What do the lines say from the start of the entries through the one containing "pub tie1 : ℕ"? Repeat them exactly.

(EXERCISE DATA)

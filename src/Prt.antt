-- ===== src/Prt.antt =====
-- src/prt.c and include/prt.h: the two channels of the reload timer. The masks of TCR are those of the
-- processor's header.
mod Examples
use Prim.Native.Nat.{bit_and, bit_or}
use zosys.Common.{
  ℕ, ◌+◌, ◌-◌, ◌*◌, ◌/◌, ◌%◌, ◌^◌, ◌≤◌, ◌<◌, ◌≡◌, refl, ap, ◌∙◌, Bool, true, false, not, ◌&&◌, ◌||◌,
  ◌≢◌, Option, none, some, arith, if◌then◌else◌, ◌==◌,
}
use zosys.Common.Bits.{
  bit, bit-and, bit-or, bit-pow, bit-zero, and_255, holds_from, at_of_holds, same, same-eq,
}
use zosys.Common.Int.{ℤ, pos}

-- The bits of TCR.
pub record Masks : Type 0 where
  pub tde0 : ℕ
  pub tde1 : ℕ
  pub tie0 : ℕ
  pub tie1 : ℕ
  pub toc0 : ℕ
  pub toc1 : ℕ

-- `enum prt_output_control`
pub data OutputControl : Type 0 where
  inhibited toggled zero_level one_level : OutputControl

-- The registers of a channel: what counts, and what it is reloaded with.
pub record Channel : Type 0 where
  pub tmdr_l : ℕ
  pub tmdr_h : ℕ
  pub rldr_l : ℕ
  pub rldr_h : ℕ

-- `H` is what the handlers are told apart by; none is a NULL pointer.
pub record Prt (H : Type 0) : Type 0 where
  pub tcr : ℕ
  pub channel_0 : Channel
  pub channel_1 : Channel
  pub routine_0 : Option H
  pub routine_1 : Option H

-- `~mask` in 8 bits
abbrev pub clear : (tcr mask : ℕ) → ℕ
clear tcr mask = bit_and tcr (0xFF - mask)

abbrev toc_bits : Masks → OutputControl → ℕ
toc_bits k inhibited = 0
toc_bits k toggled = k.toc0
toc_bits k zero_level = k.toc1
toc_bits k one_level = bit_or k.toc1 k.toc0

-- `count` is a `uint16_t`, so that `count - 1` is -1 at 0.
abbrev pub loaded : ℕ → Channel
loaded count = record {
  tmdr_l = bit_and count 0xFF;
  tmdr_h = bit_and (count / 2 ^ 8) 0xFF;
  rldr_l = bit_and ((count + 2 ^ 16 - 1) % 2 ^ 16) 0xFF;
  rldr_h = bit_and ((count + 2 ^ 16 - 1) % 2 ^ 16 / 2 ^ 8) 0xFF;
}

module _ {H : Type 0} (k : Masks) where
  unfoldable pub prt_start_0 : (count : ℕ) → (interrupt : Bool) → Prt H → ℤ × Prt H
  prt_start_0 count interrupt p =
      let stopped = clear p.tcr k.tde0 in
      (
        pos 0,
        record p {
          tcr = bit_or stopped (bit_or (if interrupt then k.tie0 else 0) k.tde0);
          channel_0 = loaded count;
        },
      )

  unfoldable pub prt_start_1 : (count : ℕ) → (interrupt : Bool) → OutputControl → Prt H → ℤ × Prt H
  prt_start_1 count interrupt toc p =
      let stopped = clear p.tcr k.tde1 in
      (
        pos 0,
        record p {
          tcr =
              bit_or stopped
                (bit_or (bit_or (if interrupt then k.tie1 else 0) (toc_bits k toc)) k.tde1);
          channel_1 = loaded count;
        },
      )

  unfoldable pub prt_stop_0 : Prt H → ℤ × Prt H
  prt_stop_0 p = (pos 0, record p { tcr = clear p.tcr k.tde0 })

  unfoldable pub prt_stop_1 : Prt H → ℤ × Prt H
  prt_stop_1 p = (pos 0, record p { tcr = clear p.tcr k.tde1 })

module _ {H : Type 0} where
  unfoldable pub prt_interrupt_routine_0 : Option H → Prt H → Prt H
  prt_interrupt_routine_0 routine p = record p { routine_0 = routine }

  unfoldable pub prt_interrupt_routine_1 : Option H → Prt H → Prt H
  prt_interrupt_routine_1 routine p = record p { routine_1 = routine }

  abbrev call : {S : Type 0} → (H → S → S) → Option H → S → S
  call run none s = s
  call run (some h) s = run h s

  -- What the interrupts do, past the two reads that acknowledge them.
  unfoldable pub int_prt0 : {S : Type 0} → (H → S → S) → Prt H → S → S
  int_prt0 run p s = call run p.routine_0 s

  unfoldable pub int_prt1 : {S : Type 0} → (H → S → S) → Prt H → S → S
  int_prt1 run p s = call run p.routine_1 s

abbrev pub count_of : Channel → ℕ
count_of c = c.tmdr_l + c.tmdr_h * 2 ^ 8

abbrev pub reload_of : Channel → ℕ
reload_of c = c.rldr_l + c.rldr_h * 2 ^ 8

loaded_lem :
    (count : ℕ)
    → 0 < count
    → count < 2 ^ 16
    → (count_of (loaded count) ≡ count) × (reload_of (loaded count) + 1 ≡ count)
loaded_lem count one h =
    let e : (count + 2 ^ 16 - 1) % 2 ^ 16 ≡ count - 1 = omega arith in
    (
      omega (arith, and_255 count, and_255 (count / 2 ^ 8)),
      rw e (omega (arith, and_255 (count - 1), and_255 ((count - 1) / 2 ^ 8))),
    )

mask_row : ℕ → ℕ → Bool
mask_row i j = same (bit (0xFF - 2 ^ i) j) (not (i == j))

mask_table : holds_from (λ i. holds_from (mask_row i) 0 8) 0 8 ≡ true
unfolding holds_from mask_row bit
mask_table = refl

bit-clear : (x i j : ℕ) → i < 8 → j < 8 → bit (clear x (2 ^ i)) j ≡ (bit x j && not (i == j))
unfolding mask_row
bit-clear x i j hi hj =
    let row =
      at_of_holds (λ i. holds_from (mask_row i) 0 8) 0 8 i mask_table (omega arith) (omega arith) in
    let e = same-eq _ _ (at_of_holds (mask_row i) 0 8 j row (omega arith) (omega arith)) in
    bit-and x (0xFF - 2 ^ i) j ∙ ap (λ b. bit x j && b) e

bit-if : (c : Bool) (t j : ℕ) → bit (if c then 2 ^ t else 0) j ≡ (c && (t == j))
bit-if true t j = bit-pow t j
bit-if false t j = bit-zero j

-- What `prt_start_0` leaves: the count and the count less one to reload, so that the period is the
-- count; of the eight bits of TCR, the one that counts is set, the one that interrupts is set if
-- asked for, and every other, that one included if it is not asked for, is as it was. Channel 1 and
-- the handlers are as they were. The masks are single bits, and the count is a positive `uint16_t`.
pub prt_start_0_lem :
    {H : Type 0} (k : Masks) (i t count : ℕ) (interrupt : Bool) (p : Prt H)
    → k.tde0 ≡ 2 ^ i
    → k.tie0 ≡ 2 ^ t
    → i < 8
    → 0 < count
    → count < 2 ^ 16
    → let (r, p') = prt_start_0 k count interrupt p in
      (r ≡ pos 0)
      × (count_of p'.channel_0 ≡ count)
      × (reload_of p'.channel_0 + 1 ≡ count)
      × ((j : ℕ)
          → j < 8
          → bit p'.tcr j ≡ ((bit p.tcr j && not (i == j)) || ((interrupt && (t == j)) || (i == j))))
      × (p'.channel_1 ≡ p.channel_1)
      × (p'.routine_0 ≡ p.routine_0)
      × (p'.routine_1 ≡ p.routine_1)
unfolding prt_start_0
prt_start_0_lem k i t count interrupt p ei et hi one h =
    let (now, later) = loaded_lem count one h in
    (
      refl,
      now,
      later,
      λ j hj.
          rw (ei, et)
            (bit-or _ _ j
              ∙ ap (◌||◌ (bit (clear p.tcr (2 ^ i)) j)) (bit-or _ _ j)
              ∙ (λ z. bit-clear p.tcr i j hi hj z || (bit-if interrupt t j z || bit-pow i j z))),
      refl,
      refl,
      refl,
    )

(End EXERCISE DATA)

_TASK SOLUTION:_
filename src/Prt.antt
-- ===== src/Prt.antt =====
-- src/prt.c and include/prt.h: the two channels of the reload timer. The masks of TCR are those of the
-- processor's header.
mod Examples
use Prim.Native.Nat.{bit_and, bit_or}
use zosys.Common.{
  ℕ, ◌+◌, ◌-◌, ◌*◌, ◌/◌, ◌%◌, ◌^◌, ◌≤◌, ◌<◌, ◌≡◌, refl, ap, ◌∙◌, Bool, true, false, not, ◌&&◌, ◌||◌,
  ◌≢◌, Option, none, some, arith, if◌then◌else◌, ◌==◌,
}
use zosys.Common.Bits.{
  bit, bit-and, bit-or, bit-pow, bit-zero, and_255, holds_from, at_of_holds, same, same-eq,
}
use zosys.Common.Int.{ℤ, pos}

-- The bits of TCR.
pub record Masks : Type 0 where
  pub tde0 : ℕ
  pub tde1 : ℕ
  pub tie0 : ℕ
  pub tie1 : ℕ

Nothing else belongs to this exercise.